UPDATE: The old python-documentcloud has been deprecated, breaking the functionality of this project. I am working on using the current version of the library, but some functionality may not work.
A command line interface to the DocumentCloud service, written in Python.
I started this project because I needed a way to bulk upload a directory of documents where I had already uploaded some of the documents. I needed a more flexible client that let me use common Unix command line tools like find
, ls
, grep
and xargs
to provide input to the program. Similarly, I imagine the output of this program being piped to tools like csvkit or ndjson-cli.
This project serves a need for me when I need programatic interaction with the DocumentCloud API, but don't want to have to write the same boilerplate code, or bootstrap a coding project to upload some documents or extract a list of entities.
I'm adding features as I need them for my work. Currently this utility supports the following:
- Uploading documents
- Retrieving project metadata
- Retriveving document metadata
- Retrieving document entities
Use pip:
pip install git+git://github.com/ghing/python-documentcloud-cli.git#egg=python-documentcloud-cli
You can specify username and password with the --username
and --password
command-line arguments, or with the DOCUMENTCLOUD_USERNAME
and DOCUMENTCLOUD_PASSWORD
environment variables. The latter are preferred because then passwords won't accidently be stored in your shell history.
cat urls.txt | \
xargs -I % sh -c "documentcloud upload --project 'Test Project' %"

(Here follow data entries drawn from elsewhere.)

-- ===== src/Files/Directory/Walk.antt =====
-- kernel/filesystem/estros-fs.c: the walk of a path from directory to directory.
use bitloader.Prelude.{
  List, Option, [], ap, ap₂, arith, drop, false, if◌then◌else◌, length, none, not, refl, some, suc,
  take, true, zero, ℕ, ◌&&◌, ◌++◌, ◌+◌, ◌<◌, ◌==◌, ◌∙◌, ◌∷◌, ◌≡◌, ◌≢◌, ◌≤◌,
}
use bitloader.Prelude.Run.{Run, returns}
use bitloader.Files.{Disk, FileSystem}
use bitloader.Files.Inodes.{fetch_inode}
use bitloader.Files.Directory.{
  EntryBytes, directory, fetch_inode_directory, first_slash, resolve_entries, resolve_inode_number,
  resolve_loop, resolve_next, resolve_part, skip_slashes,
}
use bitloader.Files.Directory.Search.{IsName, Listed, Named, number_of, search_entries-number_of}

-- The inode is a directory of the entries.
pub record IsDirectory (disk : Disk) (fuel n : ℕ) (list : List Named) : Type 0 where
  pub type : (fetch_inode n disk).type ≡ directory
  pub entries : EntryBytes
  pub fetched : fetch_inode_directory (fetch_inode n disk) disk ≡ some entries
  pub listed : Listed entries 0 list
  pub enough : length list < fuel

-- What the names lead to from the inode `n`: an inode, or nothing at the first name that is not in
-- its directory.
pub data Leads (disk : Disk) (fuel : ℕ) : ℕ → List (List ℕ) → Option ℕ → Type 0 where
  at_last :
      (n : ℕ) (name : List ℕ) (list : List Named)
      → IsDirectory disk fuel n list
      → Leads disk fuel n (name ∷ []) (number_of name list)
  missing :
      (n : ℕ) (name next : List ℕ) (names : List (List ℕ)) (list : List Named)
      → IsDirectory disk fuel n list
      → number_of name list ≡ none
      → Leads disk fuel n (name ∷ next ∷ names) none
  onwards :
      (n m : ℕ) (name next : List ℕ) (names : List (List ℕ)) (list : List Named) {r : Option ℕ}
      → IsDirectory disk fuel n list
      → number_of name list ≡ some m
      → Leads disk fuel m (next ∷ names) r
      → Leads disk fuel n (name ∷ next ∷ names) r

abbrev pub NoSlashes : List ℕ → Type 0
NoSlashes [] = Unit
NoSlashes (c ∷ cs) = (c ≢ b'/') × NoSlashes cs

-- Names of files: not empty, without NUL and '/'.
abbrev pub AllNames : List (List ℕ) → Type 0
AllNames [] = Unit
AllNames (name ∷ names) = IsName name × NoSlashes name × AllNames names

-- The names with '/' between them.
abbrev pub join : List (List ℕ) → List ℕ
join [] = []
join (name ∷ []) = name
join (name ∷ next ∷ names) = name ++ b'/' ∷ join (next ∷ names)

no_slash : (name : List ℕ) (i : ℕ) → NoSlashes name → first_slash name i ≡ 0
unfolding first_slash
no_slash [] i none_in = refl
no_slash (c ∷ name) i none_in =
    let head = none_in.0 in
    let other : (c == b'/') ≡ false = ground arith in rw other (no_slash name (i + 1) none_in.1)

slash_after :
    (name rest : List ℕ) (i : ℕ)
    → NoSlashes name
    → first_slash (name ++ b'/' ∷ rest) i ≡ i + length name
unfolding first_slash
slash_after [] rest i none_in = omega arith
slash_after (c ∷ name) rest i none_in =
    let head = none_in.0 in
    let other : (c == b'/') ≡ false = ground arith in
    rw other (slash_after name rest (i + 1) none_in.1 ∙ omega arith)

take-name : (name rest : List ℕ) → take (length name) (name ++ rest) ≡ name
take-name [] rest = refl
take-name (c ∷ name) rest = ap (λ cs. c ∷ cs) (take-name name rest)

drop-name : (name rest : List ℕ) (c : ℕ) → drop (suc (length name)) (name ++ c ∷ rest) ≡ rest
drop-name [] rest c = refl
drop-name (d ∷ name) rest c = drop-name name rest c

some_length : (name : List ℕ) → IsName name → length name ≢ 0
some_length [] is_name = absurd is_name
some_length (c ∷ name) is_name = λ e. absurd (omega (arith, e))

part_of :
    (disk : Disk) (fuel offset n : ℕ) (path name : List ℕ) (list : List Named)
    → IsDirectory disk fuel n list
    → IsName name
    → (if offset == 0 then path else take offset path) ≡ name
    → resolve_part fuel offset path (fetch_inode n disk) disk ≡ returns (number_of name list)
unfolding resolve_part resolve_entries
part_of disk fuel offset n path name list dir is_name cut =
    let inode = fetch_inode n disk in
    let found =
      search_entries-number_of fuel dir.entries 0 name list dir.listed is_name dir.enough in
    let is_dir : (inode.type == directory) ≡ true = let t = dir.type in rw t refl in
    let more : (not (offset == 0) && not (inode.type == directory)) ≡ false = ground arith in
    ap₂ (resolve_entries fuel offset inode.type) cut dir.fetched ∙ rw more found

ends : (again : ℕ → Run (Option ℕ)) (r : Option ℕ) → resolve_next again 0 r ≡ returns r
unfolding resolve_next
ends again none = refl
ends again (some n) = refl

-- The last name of a path.
last_part :
    (disk : Disk) (rounds fuel n : ℕ) (name : List ℕ) (list : List Named)
    → IsDirectory disk fuel n list
    → IsName name
    → NoSlashes name
    → resolve_loop (suc rounds) fuel name (fetch_inode n disk) disk ≡ returns (number_of name list)
unfolding resolve_loop
last_part disk rounds fuel n name list dir is_name none_in =
    let at = no_slash name 0 none_in in
    let step = part_of disk fuel 0 n name name list dir is_name refl in
    rw at (
      rw step (
        ends (λ m. resolve_loop rounds fuel (drop (0 + 1) name) (fetch_inode m disk) disk)
          (number_of name list)))

cut_name :
    (name rest : List ℕ) (n : ℕ)
    → n ≡ length name
    → IsName name
    → (if n == 0 then name ++ rest else take n (name ++ rest)) ≡ name
cut_name [] rest n same is_name = absurd is_name
cut_name (c ∷ name) rest n same is_name =
    let more : (n == 0) ≡ false = ground arith in
    rw more (ap (λ k. take k (c ∷ name ++ rest)) same ∙ take-name (c ∷ name) rest)

-- A name with more of the path behind it.
next_part :
    (disk : Disk) (rounds fuel n : ℕ) (name rest : List ℕ) (list : List Named)
    → IsDirectory disk fuel n list
    → IsName name
    → NoSlashes name
    → resolve_loop (suc rounds) fuel (name ++ b'/' ∷ rest) (fetch_inode n disk) disk
      ≡ resolve_next
          (λ m. resolve_loop rounds fuel rest (fetch_inode m disk) disk)
          (length name)
          (number_of name list)
unfolding resolve_loop
next_part disk rounds fuel n name rest list dir is_name none_in =
    let path = name ++ b'/' ∷ rest in
    let at : first_slash path 0 ≡ length name = slash_after name rest 0 none_in ∙ omega arith in
    let cut = cut_name name (b'/' ∷ rest) (length name) refl is_name in
    let step = part_of disk fuel (length name) n path name list dir is_name cut in
    let size : length name + 1 ≡ suc (length name) = omega arith in
    let dropped : drop (length name + 1) path ≡ rest =
      ap (λ k. drop k path) size ∙ drop-name name rest b'/' in
    let again : List ℕ → ℕ → Run (Option ℕ) =
      λ cs m. resolve_loop rounds fuel cs (fetch_inode m disk) disk in
    rw at (rw step (ap (λ cs. resolve_next (again cs) (length name) (number_of name list)) dropped))

goes_on :
    (again : ℕ → Run (Option ℕ)) (name : List ℕ) (m : ℕ)
    → IsName name
    → resolve_next again (length name) (some m) ≡ again m
unfolding resolve_next
goes_on again [] m is_name = absurd is_name
goes_on again (c ∷ name) m is_name =
    let more : (suc (length name) == 0) ≡ false = ground arith in rw more refl

stops : (again : ℕ → Run (Option ℕ)) (offset : ℕ) → resolve_next again offset none ≡ returns none
unfolding resolve_next
stops again offset = refl

loop-Leads :
    (disk : Disk) (rounds fuel n : ℕ) (names : List (List ℕ)) (r : Option ℕ)
    → Leads disk fuel n names r
    → AllNames names
    → length names ≤ rounds
    → resolve_loop rounds fuel (join names) (fetch_inode n disk) disk ≡ returns r
loop-Leads disk zero fuel n names r (at_last _ name list dir) all enough = absurd (omega arith)
loop-Leads disk zero fuel n names r (missing _ name next rest list dir unlisted) all enough =
    absurd (omega arith)
loop-Leads disk zero fuel n names r (onwards _ m name next rest list dir found leads) all enough =
    absurd (omega arith)
loop-Leads disk (suc rounds) fuel n names r (at_last _ name list dir) (is_name, none_in, all)
      enough =
    last_part disk rounds fuel n name list dir is_name none_in
loop-Leads disk (suc rounds) fuel n names r (missing _ name next rest list dir unlisted)
      (is_name, none_in, all) enough =
    let again : ℕ → Run (Option ℕ) =
      λ m. resolve_loop rounds fuel (join (next ∷ rest)) (fetch_inode m disk) disk in
    next_part disk rounds fuel n name (join (next ∷ rest)) list dir is_name none_in
    ∙ ap (resolve_next again (length name)) unlisted
    ∙ stops again (length name)
loop-Leads disk (suc rounds) fuel n names r (onwards _ m name next rest list dir found leads)
      (is_name, none_in, all) enough =
    let again : ℕ → Run (Option ℕ) =
      λ m. resolve_loop rounds fuel (join (next ∷ rest)) (fetch_inode m disk) disk in
    next_part disk rounds fuel n name (join (next ∷ rest)) list dir is_name none_in
    ∙ ap (resolve_next again (length name)) found
    ∙ goes_on again name m is_name
    ∙ loop-Leads disk rounds fuel m (next ∷ rest) r leads all (omega arith)

-- A path that starts with a name starts with no '/', and is not empty.
first_name :
    (names : List (List ℕ))
    → length names ≢ 0
    → AllNames names
    → (skip_slashes (join names) ≡ join names) × (length (join names) ≢ 0)
first_name [] some_name all = absurd (some_name refl)
first_name ([] ∷ names) some_name all = absurd (all.0)
first_name ((c ∷ cs) ∷ []) some_name (is_name, none_in, all) =
    let head = none_in.0 in
    let other : (c == b'/') ≡ false = ground arith in
    (rw other refl, λ e. absurd (omega (arith, e)))
first_name ((c ∷ cs) ∷ next ∷ names) some_name (is_name, none_in, all) =
    let head = none_in.0 in
    let other : (c == b'/') ≡ false = ground arith in
    (rw other refl, λ e. absurd (omega (arith, e)))

Leads-some :
    (disk : Disk) (fuel n : ℕ) (names : List (List ℕ)) (r : Option ℕ)
    → Leads disk fuel n names r
    → length names ≢ 0
Leads-some disk fuel n names r (at_last _ name list dir) = λ e. absurd (omega (arith, e))
Leads-some disk fuel n names r (missing _ name next rest list dir unlisted) =
    λ e. absurd (omega (arith, e))
Leads-some disk fuel n names r (onwards _ m name next rest list dir found leads) =
    λ e. absurd (omega (arith, e))

-- A path "/name/.../name" from the root leads to the inode that its names lead to, one directory
-- after the other, and to none at the first name that its directory does not list. As many rounds as there are
-- names are enough.
pub resolve_inode_number-Leads :
    (fs : FileSystem) (rounds fuel : ℕ) (names : List (List ℕ)) (r : Option ℕ)
    → Leads fs.disk fuel fs.root_inode names r
    → AllNames names
    → length names ≤ rounds
    → resolve_inode_number rounds fuel (b'/' ∷ join names) fs ≡ returns r
unfolding resolve_inode_number
resolve_inode_number-Leads fs rounds fuel names r leads all enough =
    let first = first_name names (Leads-some fs.disk fuel fs.root_inode names r leads) all in
    let long = first.1 in
    let some_path : (length (join names) == 0) ≡ false = ground arith in
    let walk = loop-Leads fs.disk rounds fuel fs.root_inode names r leads all enough in
    rw first.0 (rw some_path walk)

documentcloud projects get "Test Project" | ndjson-split d.projects[0].document_ids
documentcloud projects get "Test Project" | \
ndjson-split d.projects[0].document_ids | \
xargs -n 1 -I {} documentcloud documents get {} | \
in2csv -f ndjson
documentcloud documents entities 12345-test-slug | \
ndjson-split d.entities | \
ndjson-filter 'd.type == "organization"' | \
in2csv -f ndjson
documentcloud projects get "Test Project" | \
ndjson-split d.projects[0].document_ids | \
xargs -I % documentcloud documents entities % | \
ndjson-split d.entities | \
in2csv -f ndjson
- dcupload - A quick and dirty command line tool for bulk uploading documents to DocumentCloud.